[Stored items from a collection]

- - - - - - -

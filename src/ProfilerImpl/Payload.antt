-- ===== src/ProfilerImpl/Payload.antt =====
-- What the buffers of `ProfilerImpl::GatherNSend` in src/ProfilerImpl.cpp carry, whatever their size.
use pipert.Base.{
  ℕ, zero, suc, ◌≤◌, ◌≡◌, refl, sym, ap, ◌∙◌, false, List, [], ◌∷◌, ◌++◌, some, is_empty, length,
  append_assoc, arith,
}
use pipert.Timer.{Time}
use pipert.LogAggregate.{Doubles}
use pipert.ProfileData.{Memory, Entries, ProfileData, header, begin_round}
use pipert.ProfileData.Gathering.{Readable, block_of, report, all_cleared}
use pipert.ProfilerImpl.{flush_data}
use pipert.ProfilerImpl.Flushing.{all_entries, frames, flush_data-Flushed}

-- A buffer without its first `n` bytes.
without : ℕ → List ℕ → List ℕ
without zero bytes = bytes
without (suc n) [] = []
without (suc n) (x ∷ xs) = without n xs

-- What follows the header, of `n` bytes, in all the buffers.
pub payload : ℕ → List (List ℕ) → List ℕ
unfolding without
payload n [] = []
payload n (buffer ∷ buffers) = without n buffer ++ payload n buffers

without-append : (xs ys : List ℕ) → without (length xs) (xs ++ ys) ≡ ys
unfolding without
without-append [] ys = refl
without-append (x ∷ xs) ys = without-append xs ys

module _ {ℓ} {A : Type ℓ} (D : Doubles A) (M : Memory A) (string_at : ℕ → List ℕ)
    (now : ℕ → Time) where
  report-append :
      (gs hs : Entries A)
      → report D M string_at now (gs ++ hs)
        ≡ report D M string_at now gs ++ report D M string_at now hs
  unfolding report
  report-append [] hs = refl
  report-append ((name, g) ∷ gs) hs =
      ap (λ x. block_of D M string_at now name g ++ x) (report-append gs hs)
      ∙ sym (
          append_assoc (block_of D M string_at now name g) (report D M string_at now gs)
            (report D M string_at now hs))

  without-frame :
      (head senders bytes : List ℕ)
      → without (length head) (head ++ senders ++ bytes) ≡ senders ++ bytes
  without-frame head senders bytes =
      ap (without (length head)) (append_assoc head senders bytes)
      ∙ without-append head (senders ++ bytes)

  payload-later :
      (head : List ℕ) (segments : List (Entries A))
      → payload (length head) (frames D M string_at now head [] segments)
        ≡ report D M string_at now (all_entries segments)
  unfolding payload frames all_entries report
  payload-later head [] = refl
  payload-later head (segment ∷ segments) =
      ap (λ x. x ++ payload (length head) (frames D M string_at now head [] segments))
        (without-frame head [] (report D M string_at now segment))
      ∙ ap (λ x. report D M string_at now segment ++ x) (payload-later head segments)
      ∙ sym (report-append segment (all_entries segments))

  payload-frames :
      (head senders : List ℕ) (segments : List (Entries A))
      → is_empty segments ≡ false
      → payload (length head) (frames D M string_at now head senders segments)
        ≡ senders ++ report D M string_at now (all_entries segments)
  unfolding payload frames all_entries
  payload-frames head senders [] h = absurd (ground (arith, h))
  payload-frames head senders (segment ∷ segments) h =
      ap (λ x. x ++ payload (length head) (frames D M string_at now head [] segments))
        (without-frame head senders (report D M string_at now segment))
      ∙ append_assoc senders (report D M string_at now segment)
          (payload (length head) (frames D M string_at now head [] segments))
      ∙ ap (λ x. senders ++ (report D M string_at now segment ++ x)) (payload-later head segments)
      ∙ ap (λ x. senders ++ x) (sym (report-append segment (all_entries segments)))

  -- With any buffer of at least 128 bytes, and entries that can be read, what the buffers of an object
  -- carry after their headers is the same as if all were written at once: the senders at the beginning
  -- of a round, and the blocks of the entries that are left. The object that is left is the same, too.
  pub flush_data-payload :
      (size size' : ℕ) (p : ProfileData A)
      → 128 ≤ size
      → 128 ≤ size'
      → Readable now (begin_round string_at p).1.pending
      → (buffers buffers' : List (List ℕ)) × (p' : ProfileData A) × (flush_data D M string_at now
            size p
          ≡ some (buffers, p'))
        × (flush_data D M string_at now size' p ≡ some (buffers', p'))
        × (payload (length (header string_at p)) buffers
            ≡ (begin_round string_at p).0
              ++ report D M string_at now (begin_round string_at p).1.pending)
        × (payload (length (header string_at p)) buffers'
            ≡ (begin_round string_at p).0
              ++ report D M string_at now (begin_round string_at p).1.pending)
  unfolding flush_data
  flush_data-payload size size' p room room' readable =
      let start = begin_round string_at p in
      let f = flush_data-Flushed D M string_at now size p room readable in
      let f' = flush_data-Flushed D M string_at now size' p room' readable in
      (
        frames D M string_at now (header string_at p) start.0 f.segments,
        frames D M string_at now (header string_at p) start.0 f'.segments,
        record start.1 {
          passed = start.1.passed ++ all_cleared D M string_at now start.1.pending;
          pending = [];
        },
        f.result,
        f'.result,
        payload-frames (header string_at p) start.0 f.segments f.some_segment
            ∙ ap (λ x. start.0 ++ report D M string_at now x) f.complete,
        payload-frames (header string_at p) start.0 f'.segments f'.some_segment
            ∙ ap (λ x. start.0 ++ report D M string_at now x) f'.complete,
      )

- - - - - - -

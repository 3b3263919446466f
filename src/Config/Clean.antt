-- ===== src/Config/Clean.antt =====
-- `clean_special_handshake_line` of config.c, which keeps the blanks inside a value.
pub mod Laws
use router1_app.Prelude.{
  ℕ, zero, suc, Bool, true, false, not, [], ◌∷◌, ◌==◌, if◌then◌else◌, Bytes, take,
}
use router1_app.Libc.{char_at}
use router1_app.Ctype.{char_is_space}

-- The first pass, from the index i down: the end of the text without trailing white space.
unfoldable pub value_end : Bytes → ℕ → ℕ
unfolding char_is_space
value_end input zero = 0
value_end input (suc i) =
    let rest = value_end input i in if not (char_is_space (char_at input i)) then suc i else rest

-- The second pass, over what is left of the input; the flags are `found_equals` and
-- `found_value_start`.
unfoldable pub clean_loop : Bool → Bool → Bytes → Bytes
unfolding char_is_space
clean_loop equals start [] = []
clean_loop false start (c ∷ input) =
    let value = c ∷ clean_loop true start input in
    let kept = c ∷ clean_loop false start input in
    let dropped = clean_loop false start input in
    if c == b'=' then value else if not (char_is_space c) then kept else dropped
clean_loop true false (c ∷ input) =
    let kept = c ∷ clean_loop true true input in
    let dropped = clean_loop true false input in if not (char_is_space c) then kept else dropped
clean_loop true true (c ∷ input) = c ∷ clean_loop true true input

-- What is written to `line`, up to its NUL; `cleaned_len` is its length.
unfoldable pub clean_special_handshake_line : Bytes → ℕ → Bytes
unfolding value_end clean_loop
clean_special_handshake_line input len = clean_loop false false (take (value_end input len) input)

- - - - - - -

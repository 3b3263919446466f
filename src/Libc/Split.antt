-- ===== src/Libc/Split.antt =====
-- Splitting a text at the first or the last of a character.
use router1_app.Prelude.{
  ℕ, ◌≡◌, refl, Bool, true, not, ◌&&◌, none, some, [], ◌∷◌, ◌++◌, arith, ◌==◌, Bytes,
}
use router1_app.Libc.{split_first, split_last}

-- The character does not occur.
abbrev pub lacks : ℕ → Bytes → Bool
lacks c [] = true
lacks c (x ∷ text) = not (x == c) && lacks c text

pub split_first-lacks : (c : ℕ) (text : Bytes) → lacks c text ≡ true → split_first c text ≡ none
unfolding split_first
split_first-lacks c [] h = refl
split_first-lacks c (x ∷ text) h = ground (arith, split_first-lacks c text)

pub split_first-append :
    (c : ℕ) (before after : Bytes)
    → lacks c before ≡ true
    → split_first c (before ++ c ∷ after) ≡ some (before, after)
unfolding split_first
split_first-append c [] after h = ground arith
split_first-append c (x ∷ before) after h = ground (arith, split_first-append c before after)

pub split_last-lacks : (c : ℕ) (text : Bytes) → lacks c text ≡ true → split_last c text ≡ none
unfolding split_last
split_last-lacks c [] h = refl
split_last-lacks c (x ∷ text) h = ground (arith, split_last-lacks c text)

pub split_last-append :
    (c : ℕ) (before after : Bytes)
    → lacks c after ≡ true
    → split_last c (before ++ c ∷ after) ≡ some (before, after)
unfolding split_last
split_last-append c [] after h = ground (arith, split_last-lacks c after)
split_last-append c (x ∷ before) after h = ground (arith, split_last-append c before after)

- - - - - - -

Directions: Lines holding the word "antt" in the records above: how many are there? Answer with the number only.

Your response: 6